__Work required__: Output exactly the lines below, starting with the line that has "elim (Bool-cases (ltb" and going on through the line that has "leaves of a", both included, and no other lines.

__Supplied records__:
--- START ---
-- ===== src/Kernel/Buddy/Release.antt =====
-- `freeMemory` takes one block out of those in use, and what was just allocated can be freed.
use tp_so.Base.{
  ℕ, ◌+◌, ◌^◌, ◌≤◌, ◌<◌, ◌≡◌, inl, inr, refl, sym, ap, ◌∙◌, true, false, List, [], ◌∷◌, ◌++◌, ltb,
  ◌==◌, if◌then◌else◌, arith, Bool-cases, ltb→lt,
}
use tp_so.Base.Maybe.{◌>>=◌, Returns, Returns-map, Returns-bind}
use tp_so.Ipc.Buffer.{null}
use tp_so.Kernel.Buddy.{
  MemNode, MemoryStatus, empty, full, partial, is_empty, BuddyMemoryManager, mem_node_size,
  block_size_for, generic_alloc_memory, free_rec, free_memory_at, max_depth,
}
use tp_so.Kernel.Buddy.Tree.{
  Part, free, used, halves, status_of, join_status, left_at, right_at, half_of, Stands, release_at,
  rejoin, blocks,
}
use tp_so.Kernel.Buddy.Frame.{is_empty-eq, Stands-size}
use tp_so.Kernel.Buddy.Blocks.{Apart, blocks-Apart, Adds, nothing, block_at}
use tp_so.Kernel.Buddy.Heap.{Heap, heap_blocks, generic_alloc_memory-Granted}
use tp_so.Kernel.Buddy.Freed.{Freed}
use tp_so.Kernel.Buddy.Free.{free_rec-release}

-- The blocks without the one at `q`.
unfoldable pub without : ℕ → List (ℕ × ℕ) → List (ℕ × ℕ)
without q [] = []
without q (b ∷ bs) = if b.0 == q then without q bs else b ∷ without q bs

without-append :
    (q : ℕ) (xs ys : List (ℕ × ℕ)) → without q (xs ++ ys) ≡ without q xs ++ without q ys
unfolding without
without-append q [] ys = refl
without-append q (x ∷ xs) ys = elim (Bool-cases (x.0 == q)) [
  | inl e ↦ rw e (without-append q xs ys)
  | inr e ↦ rw e (ap (λ (zs : List (ℕ × ℕ)). x ∷ zs) (without-append q xs ys))
]

without-below :
    (q lo hi : ℕ) (xs : List (ℕ × ℕ)) → q < lo + mem_node_size → Apart lo hi xs → without q xs ≡ xs
unfolding without Apart
without-below q lo hi [] h k = refl
without-below q lo hi (x ∷ xs) h k =
    let e : (x.0 == q) ≡ false = ground (arith, k.0) in
    rw e (
      ap (λ (zs : List (ℕ × ℕ)). x ∷ zs)
        (without-below q (x.0 + x.1) hi xs (omega (arith, k.0)) k.1))

le-Apart : (lo hi : ℕ) (xs : List (ℕ × ℕ)) → Apart lo hi xs → lo ≤ hi
unfolding Apart
le-Apart lo hi [] k = k
le-Apart lo hi (x ∷ xs) k = omega (arith, k.0, le-Apart (x.0 + x.1) hi xs k.1)

without-above : (q lo hi : ℕ) (xs : List (ℕ × ℕ)) → hi < q → Apart lo hi xs → without q xs ≡ xs
unfolding without Apart
without-above q lo hi [] h k = refl
without-above q lo hi (x ∷ xs) h k =
    let e : (x.0 == q) ≡ false = ground (arith, le-Apart (x.0 + x.1) hi xs k.1) in
    rw e (ap (λ (zs : List (ℕ × ℕ)). x ∷ zs) (without-above q (x.0 + x.1) hi xs h k.1))

-- An empty part has no block.
join-empty : (l r : MemoryStatus) → join_status l r ≡ empty → (l ≡ empty) × (r ≡ empty)
join-empty empty empty h = (refl, refl)
join-empty empty full h = cc
join-empty empty partial h = cc
join-empty full empty h = cc
join-empty full full h = cc
join-empty full partial h = cc
join-empty partial empty h = cc
join-empty partial full h = cc
join-empty partial partial h = cc

blocks-empty : (a s : ℕ) (p : Part) → status_of p ≡ empty → blocks a s p ≡ []
unfolding blocks status_of
blocks-empty a s free h = refl
blocks-empty a s used h = cc
blocks-empty a s (halves l r) h =
    let e = join-empty (status_of l) (status_of r) h in
    rw (blocks-empty (left_at a) (half_of s) l e.0, blocks-empty (right_at a s) (half_of s) r e.1)
      refl

blocks-rejoin :
    (a s : ℕ) (l r : Part)
    → blocks a s (rejoin l r)
      ≡ blocks (left_at a) (half_of s) l ++ blocks (right_at a s) (half_of s) r
unfolding blocks
blocks-rejoin a s l r = elim (Bool-cases (is_empty (status_of (halves l r)))) [
  | inl e ↦ rw e (sym (blocks-empty a s (halves l r) (is_empty-eq _ e)))
  | inr e ↦ rw e refl
]

pub blocks-release :
    (f : ℕ → MemNode) (a s : ℕ) (p : Part) (q : ℕ)
    → Stands f a s p
    → blocks a s (release_at a s p q) ≡ without q (blocks a s p)
unfolding blocks release_at without Stands
blocks-release f a s free q h = refl
blocks-release f a s used q h = elim (Bool-cases (a + mem_node_size == q)) [
  | inl e ↦ rw e refl
  | inr e ↦ rw e refl
]
blocks-release f a s (halves l r) q h =
    let ls = blocks (left_at a) (half_of s) l in
    let rs = blocks (right_at a s) (half_of s) r in
    let al = blocks-Apart f (left_at a) (half_of s) l h.2 in
    let ar = blocks-Apart f (right_at a s) (half_of s) r h.3 in
    elim (Bool-cases (ltb q (right_at a s + mem_node_size))) [
      | inl e ↦
          rw
            (
              e,
              blocks-rejoin,
              blocks-release f (left_at a) (half_of s) l q h.2,
              without-append q ls rs,
            )
            (ap (λ (zs : List (ℕ × ℕ)). without q ls ++ zs)
              (sym (without-below q _ _ rs (ltb→lt q _ e) ar)))
      | inr e ↦
          rw
            (
              e,
              blocks-rejoin,
              blocks-release f (right_at a s) (half_of s) r q h.3,
              without-append q ls rs,
            )
            (ap (λ (zs : List (ℕ × ℕ)). zs ++ without q rs)
              (sym (without-above q _ _ ls (ground (arith, h.1, e)) al)))
    ]

first-below :
    (lo hi v k : ℕ) (xs ys : List (ℕ × ℕ))
    → Apart lo hi (xs ++ (v, k) ∷ ys)
    → lo + mem_node_size ≤ v
unfolding Apart
first-below lo hi v k [] ys h = h.0
first-below lo hi v k (x ∷ xs) ys h = omega (arith, h.0, first-below (x.0 + x.1) hi v k xs ys h.1)

-- Among blocks that lie apart one has an address of its own.
without-middle :
    (lo hi v k : ℕ) (xs ys : List (ℕ × ℕ))
    → Apart lo hi (xs ++ (v, k) ∷ ys)
    → without v (xs ++ (v, k) ∷ ys) ≡ xs ++ ys
unfolding without Apart
without-middle lo hi v k [] ys h =
    let e : (v == v) ≡ true = ground arith in rw e (without-below v (v + k) hi ys (omega arith) h.1)
without-middle lo hi v k (x ∷ xs) ys h =
    let e : (x.0 == v) ≡ false = ground (arith, first-below (x.0 + x.1) hi v k xs ys h.1) in
    rw e (ap (λ (zs : List (ℕ × ℕ)). x ∷ zs) (without-middle (x.0 + x.1) hi v k xs ys h.1))

undone :
    (need v lo hi : ℕ) (old new : List (ℕ × ℕ))
    → Adds need v old new
    → Apart lo hi new
    → without v new ≡ old
undone need v lo hi old new (nothing e h) k =
    rw e (without-below null lo hi new (omega arith) k ∙ h)
undone need v lo hi old new (block_at n xs ys i j l e h) k =
    ap (without v) h ∙ without-middle lo hi v n xs ys (rw (sym h) k) ∙ sym e

-- What `freeMemory` of `q` leaves of a heap that stands for `t`.
pub record Released (m : BuddyMemoryManager) (t : Part) (q : ℕ) (out : BuddyMemoryManager)
    : Type 0 where
  pub part : Part
  pub stands : Stands out.nodes out.root (out.nodes out.root).size part
  pub others : heap_blocks out part ≡ without q (heap_blocks m t)
  pub before : (c : ℕ) → c < m.root → out.nodes c ≡ m.nodes c
  pub after : (c : ℕ) → m.root + mem_node_size + (m.nodes m.root).size ≤ c → out.nodes c ≡ m.nodes c

module _ (m : BuddyMemoryManager) (t : Part) where
  Freed-Released :
      (q : ℕ) (out : BuddyMemoryManager)
      → Stands m.nodes m.root (m.nodes m.root).size t
      → Freed m m.root (m.nodes m.root).size (release_at m.root (m.nodes m.root).size t q) out
      → Released m t q out
  Freed-Released q out g k =
      let s = (m.nodes m.root).size in
      let same : (out.nodes out.root).size ≡ s =
        rw k.same_root (Stands-size out.nodes m.root s (release_at m.root s t q) k.stands) in
      record {
        part = release_at m.root s t q;
        stands = rw (same, k.same_root) k.stands;
        others = rw (same, k.same_root) (blocks-release m.nodes m.root s t q g);
        before = k.before;
        after = λ c i. k.after c i;
      }

  -- Where the nodes from a root that is not NULL and has less than 2^64 bytes stand for a tree, a call
  -- of `freeMemory` returns and they stand for a tree again. The blocks in use afterwards are those
  -- before without the one that begins at the address it is given, or the same where none does. No node
  -- outside of the memory is changed.
  pub free_memory_at-Released :
      (q : ℕ)
      → Stands m.nodes m.root (m.nodes m.root).size t
      → 0 < m.root
      → (m.nodes m.root).size < 2 ^ 64
      → Returns (Released m t q) (free_memory_at m q)
  unfolding free_memory_at
  free_memory_at-Released q g above high =
      Returns-map _ _ (free_rec max_depth m m.root q) (λ out k. Freed-Released q out g k)
        (free_rec-release 64 m m.root (m.nodes m.root).size t q above g high)

-- On a heap, `freeMemory` of what `genericAllocMemory` has just returned for at most 2^31 bytes, NULL
-- included, leaves the blocks in use that there were before the two calls.
pub generic_alloc_memory-free_memory_at :
    (m : BuddyMemoryManager) (t : Part) (size : ℕ)
    → Heap m t
    → size ≤ 2 ^ 31
    → Returns
        (λ m2.
          (t2 : Part) × Stands m2.nodes m2.root (m2.nodes m2.root).size t2
          × (heap_blocks m2 t2 ≡ heap_blocks m t))
        (generic_alloc_memory m size >>= λ out. free_memory_at out.1 out.0)
generic_alloc_memory-free_memory_at m t size h fits =
    Returns-bind _ _ (generic_alloc_memory m size) (λ out. free_memory_at out.1 out.0)
      (generic_alloc_memory-Granted m t h size fits)
      (λ out k.
        Returns-map (Released out.1 k.part out.0) _ (free_memory_at out.1 out.0)
          (λ m2 r. (
            r.part,
            r.stands,
            r.others ∙ undone (block_size_for size) out.0 m.root _ _ _ k.adds k.apart,
          ))
          (free_memory_at-Released out.1 k.part out.0 k.heap.stands k.heap.above_null k.heap.high))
--- END ---
__Response to this exercise__:
    elim (Bool-cases (ltb q (right_at a s + mem_node_size))) [
      | inl e ↦
          rw
            (
              e,
              blocks-rejoin,
              blocks-release f (left_at a) (half_of s) l q h.2,
              without-append q ls rs,
            )
            (ap (λ (zs : List (ℕ × ℕ)). without q ls ++ zs)
              (sym (without-below q _ _ rs (ltb→lt q _ e) ar)))
      | inr e ↦
          rw
            (
              e,
              blocks-rejoin,
              blocks-release f (right_at a s) (half_of s) r q h.3,
              without-append q ls rs,
            )
            (ap (λ (zs : List (ℕ × ℕ)). zs ++ without q rs)
              (sym (without-above q _ _ ls (ground (arith, h.1, e)) al)))
    ]

first-below :
    (lo hi v k : ℕ) (xs ys : List (ℕ × ℕ))
    → Apart lo hi (xs ++ (v, k) ∷ ys)
    → lo + mem_node_size ≤ v
unfolding Apart
first-below lo hi v k [] ys h = h.0
first-below lo hi v k (x ∷ xs) ys h = omega (arith, h.0, first-below (x.0 + x.1) hi v k xs ys h.1)

-- Among blocks that lie apart one has an address of its own.
without-middle :
    (lo hi v k : ℕ) (xs ys : List (ℕ × ℕ))
    → Apart lo hi (xs ++ (v, k) ∷ ys)
    → without v (xs ++ (v, k) ∷ ys) ≡ xs ++ ys
unfolding without Apart
without-middle lo hi v k [] ys h =
    let e : (v == v) ≡ true = ground arith in rw e (without-below v (v + k) hi ys (omega arith) h.1)
without-middle lo hi v k (x ∷ xs) ys h =
    let e : (x.0 == v) ≡ false = ground (arith, first-below (x.0 + x.1) hi v k xs ys h.1) in
    rw e (ap (λ (zs : List (ℕ × ℕ)). x ∷ zs) (without-middle (x.0 + x.1) hi v k xs ys h.1))

undone :
    (need v lo hi : ℕ) (old new : List (ℕ × ℕ))
    → Adds need v old new
    → Apart lo hi new
    → without v new ≡ old
undone need v lo hi old new (nothing e h) k =
    rw e (without-below null lo hi new (omega arith) k ∙ h)
undone need v lo hi old new (block_at n xs ys i j l e h) k =
    ap (without v) h ∙ without-middle lo hi v n xs ys (rw (sym h) k) ∙ sym e

-- What `freeMemory` of `q` leaves of a heap that stands for `t`.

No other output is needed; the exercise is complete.